Saved data entries
----------

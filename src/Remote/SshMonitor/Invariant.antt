-- ===== src/Remote/SshMonitor/Invariant.antt =====
-- The invariant of the loops of remote/sshProcess.ts, and what it counts.
use vscode_coder.Base.{
  ℕ, suc, ◌+◌, ◌≤◌, ◌≡◌, Bool, true, false, ◌&&◌, none, List, [], ◌∷◌, is_some, leb, total,
  if◌then◌else◌,
}
use vscode_coder.Remote.SshTelemetry.{
  SshEvent, discovered, lost, recovered, replaced, ended, sampled,
}
use vscode_coder.Remote.SshMonitor.{
  Options, Task, finding, find_delay, reading_logs, logs_delay, reading_info, info_delay, Monitor,
  stale_threshold,
}

-- Whether a task belongs to the search for the process or to the watch of its network file.
abbrev pub is_main : Task → ℕ
is_main (finding attempts backoff last) = 1
is_main (find_delay attempts backoff last) = 1
is_main (reading_logs target backoff) = 0
is_main (logs_delay target backoff) = 0
is_main (reading_info failures pid) = 1
is_main (info_delay failures) = 1

abbrev pub outside : Options → ℕ → ℕ
outside o backoff = if leb o.discovery_poll backoff && leb backoff o.max_backoff then 0 else 1

-- Whether a task waits, or will wait, for less than the first interval or more than the longest.
abbrev pub is_outside : Options → Task → ℕ
is_outside o (finding attempts backoff last) = outside o backoff
is_outside o (find_delay attempts backoff last) = outside o backoff
is_outside o (reading_logs target backoff) = outside o backoff
is_outside o (logs_delay target backoff) = outside o backoff
is_outside o (reading_info failures pid) = 0
is_outside o (info_delay failures) = 0

-- Searches for a lost process, the newest first, that are no closer than the threshold.
abbrev pub spaced : ℕ → List ℕ → Bool
spaced threshold [] = true
spaced threshold (time ∷ []) = true
spaced threshold (time ∷ earlier ∷ rest) =
    leb (earlier + threshold) time && spaced threshold (earlier ∷ rest)

abbrev pub newest : List ℕ → ℕ
newest [] = 0
newest (time ∷ rest) = time

-- How often the process was reported lost, and how often that was reported over.
abbrev pub losses : List SshEvent → ℕ
losses [] = 0
losses (discovered found attempts ∷ log) = losses log
losses (lost cause uptime ∷ log) = suc (losses log)
losses (recovered duration ∷ log) = losses log
losses (replaced was_lost uptime ∷ log) = losses log
losses (ended was_lost uptime ∷ log) = losses log
losses (sampled network ∷ log) = losses log

abbrev pub one_if : Bool → ℕ
one_if true = 1
one_if false = 0

abbrev pub endings : List SshEvent → ℕ
endings [] = 0
endings (discovered found attempts ∷ log) = endings log
endings (lost cause uptime ∷ log) = endings log
endings (recovered duration ∷ log) = suc (endings log)
endings (replaced was_lost uptime ∷ log) = one_if was_lost + endings log
endings (ended was_lost uptime ∷ log) = one_if was_lost + endings log
endings (sampled network ∷ log) = endings log

-- `main` counts a task of the search or the watch that has been taken off the list.
pub record InvWith (o : Options) (main : ℕ) (m : Monitor) : Type 0 where
  pub one_main : total is_main m.tasks + main ≤ 1
  pub backoffs : total (is_outside o) m.tasks ≡ 0
  pub rate : spaced (stale_threshold o) m.searches ≡ true
  pub last_search : m.last_stale_search_time ≡ newest m.searches
  pub balance :
      losses m.telemetry.log ≡ endings m.telemetry.log + one_if (is_some m.telemetry.lost_at)
  pub lost_started : is_some m.telemetry.lost_at ≡ true → is_some m.telemetry.started_at ≡ true
  pub no_process : m.current_pid ≡ none → m.telemetry.started_at ≡ none

abbrev pub Inv : Options → Monitor → Type 0
Inv o = InvWith o 0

----------

Your instructions - Would you set down all of the entries again, word for word?

Answer box -
filename src/Remote/SshMonitor/Invariant.antt
-- ===== src/Remote/SshMonitor/Invariant.antt =====
-- The invariant of the loops of remote/sshProcess.ts, and what it counts.
use vscode_coder.Base.{
  ℕ, suc, ◌+◌, ◌≤◌, ◌≡◌, Bool, true, false, ◌&&◌, none, List, [], ◌∷◌, is_some, leb, total,
  if◌then◌else◌,
}
use vscode_coder.Remote.SshTelemetry.{
  SshEvent, discovered, lost, recovered, replaced, ended, sampled,
}
use vscode_coder.Remote.SshMonitor.{
  Options, Task, finding, find_delay, reading_logs, logs_delay, reading_info, info_delay, Monitor,
  stale_threshold,
}

-- Whether a task belongs to the search for the process or to the watch of its network file.
abbrev pub is_main : Task → ℕ
is_main (finding attempts backoff last) = 1
is_main (find_delay attempts backoff last) = 1
is_main (reading_logs target backoff) = 0
is_main (logs_delay target backoff) = 0
is_main (reading_info failures pid) = 1
is_main (info_delay failures) = 1

abbrev pub outside : Options → ℕ → ℕ
outside o backoff = if leb o.discovery_poll backoff && leb backoff o.max_backoff then 0 else 1

-- Whether a task waits, or will wait, for less than the first interval or more than the longest.
abbrev pub is_outside : Options → Task → ℕ
is_outside o (finding attempts backoff last) = outside o backoff
is_outside o (find_delay attempts backoff last) = outside o backoff
is_outside o (reading_logs target backoff) = outside o backoff
is_outside o (logs_delay target backoff) = outside o backoff
is_outside o (reading_info failures pid) = 0
is_outside o (info_delay failures) = 0

-- Searches for a lost process, the newest first, that are no closer than the threshold.
abbrev pub spaced : ℕ → List ℕ → Bool
spaced threshold [] = true
spaced threshold (time ∷ []) = true
spaced threshold (time ∷ earlier ∷ rest) =
    leb (earlier + threshold) time && spaced threshold (earlier ∷ rest)

abbrev pub newest : List ℕ → ℕ
newest [] = 0
newest (time ∷ rest) = time

-- How often the process was reported lost, and how often that was reported over.
abbrev pub losses : List SshEvent → ℕ
losses [] = 0
losses (discovered found attempts ∷ log) = losses log
losses (lost cause uptime ∷ log) = suc (losses log)
losses (recovered duration ∷ log) = losses log
losses (replaced was_lost uptime ∷ log) = losses log
losses (ended was_lost uptime ∷ log) = losses log
losses (sampled network ∷ log) = losses log

abbrev pub one_if : Bool → ℕ
one_if true = 1
one_if false = 0

abbrev pub endings : List SshEvent → ℕ
endings [] = 0
endings (discovered found attempts ∷ log) = endings log
endings (lost cause uptime ∷ log) = endings log
endings (recovered duration ∷ log) = suc (endings log)
endings (replaced was_lost uptime ∷ log) = one_if was_lost + endings log
endings (ended was_lost uptime ∷ log) = one_if was_lost + endings log
endings (sampled network ∷ log) = endings log

-- `main` counts a task of the search or the watch that has been taken off the list.
pub record InvWith (o : Options) (main : ℕ) (m : Monitor) : Type 0 where
  pub one_main : total is_main m.tasks + main ≤ 1
  pub backoffs : total (is_outside o) m.tasks ≡ 0
  pub rate : spaced (stale_threshold o) m.searches ≡ true
  pub last_search : m.last_stale_search_time ≡ newest m.searches
  pub balance :
      losses m.telemetry.log ≡ endings m.telemetry.log + one_if (is_some m.telemetry.lost_at)
  pub lost_started : is_some m.telemetry.lost_at ≡ true → is_some m.telemetry.started_at ≡ true
  pub no_process : m.current_pid ≡ none → m.telemetry.started_at ≡ none

abbrev pub Inv : Options → Monitor → Type 0
Inv o = InvWith o 0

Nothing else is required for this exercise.